Top of SUPPLIED RECORDS

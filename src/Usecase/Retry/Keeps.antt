-- ===== src/Usecase/Retry/Keeps.antt =====
-- A retry, and the giving up of an operation, keep the books sound.
use wagering_wallet_service.Base.{
  Bool-cases, Result, no_pending_work, ok, Uuid, Instant, All, InInt64, ℕ, String, ◌≡◌, inl, inr,
  true, false, Option, none, some, List, [], ◌∷◌,
}
use wagering_wallet_service.Wallet.{Wallet}
use wagering_wallet_service.Wagering.Kind.{is_pending_reference}
use wagering_wallet_service.Wagering.Transaction.{Transaction}
use wagering_wallet_service.Wagering.Decision.{
  Decision, Outcome, process_now, reject_now, wait_reference, decide,
}
use wagering_wallet_service.Event.{Envelope}
use wagering_wallet_service.Store.{Session, ◌>>=◌, ◌>>◌, return, pure_result}
use wagering_wallet_service.Store.Triple.{
  Triple, Keeps, bind-Triple, bind-Keeps, return-Keeps, fail-Keeps, pure_result-Keeps, query-Keeps,
}
use wagering_wallet_service.Store.Claims.{claim-Triple}
use wagering_wallet_service.Store.Books.{Sound, HasAmount}
use wagering_wallet_service.Store.Statements.{Found, update-Sound, wake-Sound}
use wagering_wallet_service.Store.Wallets
use wagering_wallet_service.Store.Transactions
use wagering_wallet_service.Usecase.Settlement.{retried_reference, apply_as}
use wagering_wallet_service.Usecase.Settlement.Keeps.{
  apply_as-Settles, decided-Triple, locked-Triple, retried_reference-Keeps,
}
use wagering_wallet_service.Usecase.Events.{append_settlement_events}
use wagering_wallet_service.Usecase.Events.Keeps.{append_settlement_events-Keeps}
use wagering_wallet_service.Usecase.Retry.{
  ReferenceSettings, reschedule, settle, settle_or_wait, retry_operation, retry_first, attempt,
  give_up_on, give_up,
}

reschedule-Keeps :
    (settings : ReferenceSettings) (now : Instant) (operation : Transaction)
    → Keeps Sound (reschedule settings now operation)
unfolding reschedule
reschedule-Keeps settings now operation =
    bind-Keeps (pure_result-Keeps _) (λ waiting. update-Sound waiting.1)

module _ (uuid_text : Uuid → String) (marshal : Envelope → Result (List ℕ)) (ids : ℕ → Uuid)
    (settings : ReferenceSettings) where
  settle-Triple :
      (now : Instant) (decision : Decision) (account : Wallet) (operation : Transaction)
      → InInt64 decision.movement.amount.minor
      → Triple
          (λ s. Sound s.store × Found account.id account s.store)
          (settle uuid_text marshal ids settings now decision account operation)
          (λ _ s. Sound s.store)
  unfolding settle
  settle-Triple now decision account operation fits =
      bind-Triple (λ _ s. Sound s.store)
        (apply_as ids decision.outcome now decision account operation)
        (λ settled. do
          Transactions.update settled.operation
          append_settlement_events uuid_text marshal ids now settled.operation settled.entry
              settled.account.balance
          awakened ←
              Transactions.wake_up_waiting_for operation.provider_id
                operation.external_transaction_id now
          return tt)
        (apply_as-Settles ids now decision account operation fits decision.outcome)
        (λ settled.
          (bind-Keeps (update-Sound settled.operation) (λ _.
            bind-Keeps
              (append_settlement_events-Keeps uuid_text marshal ids now settled.operation
                settled.entry settled.account.balance)
              (λ _.
                bind-Keeps (wake-Sound operation.provider_id operation.external_transaction_id now)
                  (λ awakened. return-Keeps tt)))).kept)

  settle_or_wait-Triple :
      (outcome : Outcome) (now : Instant) (decision : Decision) (account : Wallet)
      (operation : Transaction)
      → InInt64 decision.movement.amount.minor
      → Triple
          (λ s. Sound s.store × Found account.id account s.store)
          (settle_or_wait uuid_text marshal ids settings outcome now decision account operation)
          (λ _ s. Sound s.store)
  unfolding settle_or_wait
  settle_or_wait-Triple wait_reference now decision account operation fits s (sound, found) =
      (reschedule-Keeps settings now operation).kept s sound
  settle_or_wait-Triple process_now now decision account operation fits s p =
      settle-Triple now decision account operation fits s p
  settle_or_wait-Triple reject_now now decision account operation fits s p =
      settle-Triple now decision account operation fits s p

  retry_operation-Keeps :
      (now : Instant) (operation : Transaction)
      → HasAmount operation
      → Keeps Sound (retry_operation uuid_text marshal ids settings now operation)
  unfolding retry_operation
  retry_operation-Keeps now operation fits = record {
    kept =
        bind-Triple (λ w s. Sound s.store × Found w.id w s.store)
          (Wallets.find_for_update operation.wallet_id)
          (λ account. do
            reference ← retried_reference operation
            decision ← pure_result (decide (some account) (some operation) reference now)
            settle_or_wait uuid_text marshal ids settings decision.outcome now decision account
                operation
            return operation.id)
          (locked-Triple operation.wallet_id)
          (λ account.
            bind-Triple (λ _ s. Sound s.store × Found account.id account s.store)
              (retried_reference operation)
              (λ reference. do
                decision ← pure_result (decide (some account) (some operation) reference now)
                settle_or_wait uuid_text marshal ids settings decision.outcome now decision account
                    operation
                return operation.id)
              (retried_reference-Keeps (λ store. Sound store × Found account.id account store)
                operation).kept
              (λ reference.
                bind-Triple
                  (λ d s.
                    InInt64 d.movement.amount.minor
                    × (Sound s.store × Found account.id account s.store))
                  (pure_result (decide (some account) (some operation) reference now))
                  (λ decision. do
                    settle_or_wait uuid_text marshal ids settings decision.outcome now decision
                        account operation
                    return operation.id)
                  (decided-Triple (λ s. Sound s.store × Found account.id account s.store) account
                    operation reference now fits)
                  (λ decision s (moves, p).
                    bind-Triple (λ _ s. Sound s.store)
                      (settle_or_wait uuid_text marshal ids settings decision.outcome now decision
                        account operation)
                      (λ _. return operation.id)
                      (settle_or_wait-Triple decision.outcome now decision account operation moves)
                      (λ _. (return-Keeps operation.id).kept) s p)));
  }

  retry_first-Keeps :
      (now : Instant) (claimed : List Transaction)
      → All HasAmount claimed
      → Keeps Sound (retry_first uuid_text marshal ids settings now claimed)
  retry_first-Keeps now [] amounts = fail-Keeps no_pending_work
  retry_first-Keeps now (operation ∷ _) (fits, _) = retry_operation-Keeps now operation fits

  -- An attempt that succeeds, whether it settles the operation or lets it wait, leaves the books
  -- sound when they were sound.
  pub attempt-Sound :
      (now : Instant) (s : Session) {claimed : Uuid} {s' : Session}
      → Sound s.store
      → attempt uuid_text marshal ids settings now s ≡ ok (claimed, s')
      → Sound s'.store
  unfolding attempt
  attempt-Sound now s {claimed} {s'} sound h =
      bind-Triple (λ ts s. All HasAmount ts × Sound s.store) (Transactions.claim_due_pending now 1)
        (retry_first uuid_text marshal ids settings now) (claim-Triple now 1)
        (λ ts s (amounts, sound). (retry_first-Keeps now ts amounts).kept s sound) s sound claimed
        s' h

give_up_on-Keeps : (now : Instant) (found : Option Transaction) → Keeps Sound (give_up_on now found)
unfolding give_up_on
give_up_on-Keeps now none = return-Keeps false
give_up_on-Keeps now (some operation) = elim (Bool-cases (is_pending_reference operation.status)) [
  | inl waiting ↦ rw waiting (
      bind-Keeps (pure_result-Keeps _)
        (λ failed. bind-Keeps (update-Sound failed.1) (λ _. return-Keeps true)))
  | inr settled ↦ rw settled (return-Keeps false)
]

-- Giving up an operation leaves the books sound when they were sound.
pub give_up-Keeps :
    (transaction_id : Uuid) (now : Instant) → Keeps Sound (give_up transaction_id now)
unfolding give_up
give_up-Keeps transaction_id now = bind-Keeps (query-Keeps _) (give_up_on-Keeps now)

Bottom of SUPPLIED RECORDS

● **TASK REQUIREMENTS**
For the word "query", find every line in the data that holds it and copy that line.

● **EXERCISE ANSWER**
  Triple, Keeps, bind-Triple, bind-Keeps, return-Keeps, fail-Keeps, pure_result-Keeps, query-Keeps,
give_up-Keeps transaction_id now = bind-Keeps (query-Keeps _) (give_up_on-Keeps now)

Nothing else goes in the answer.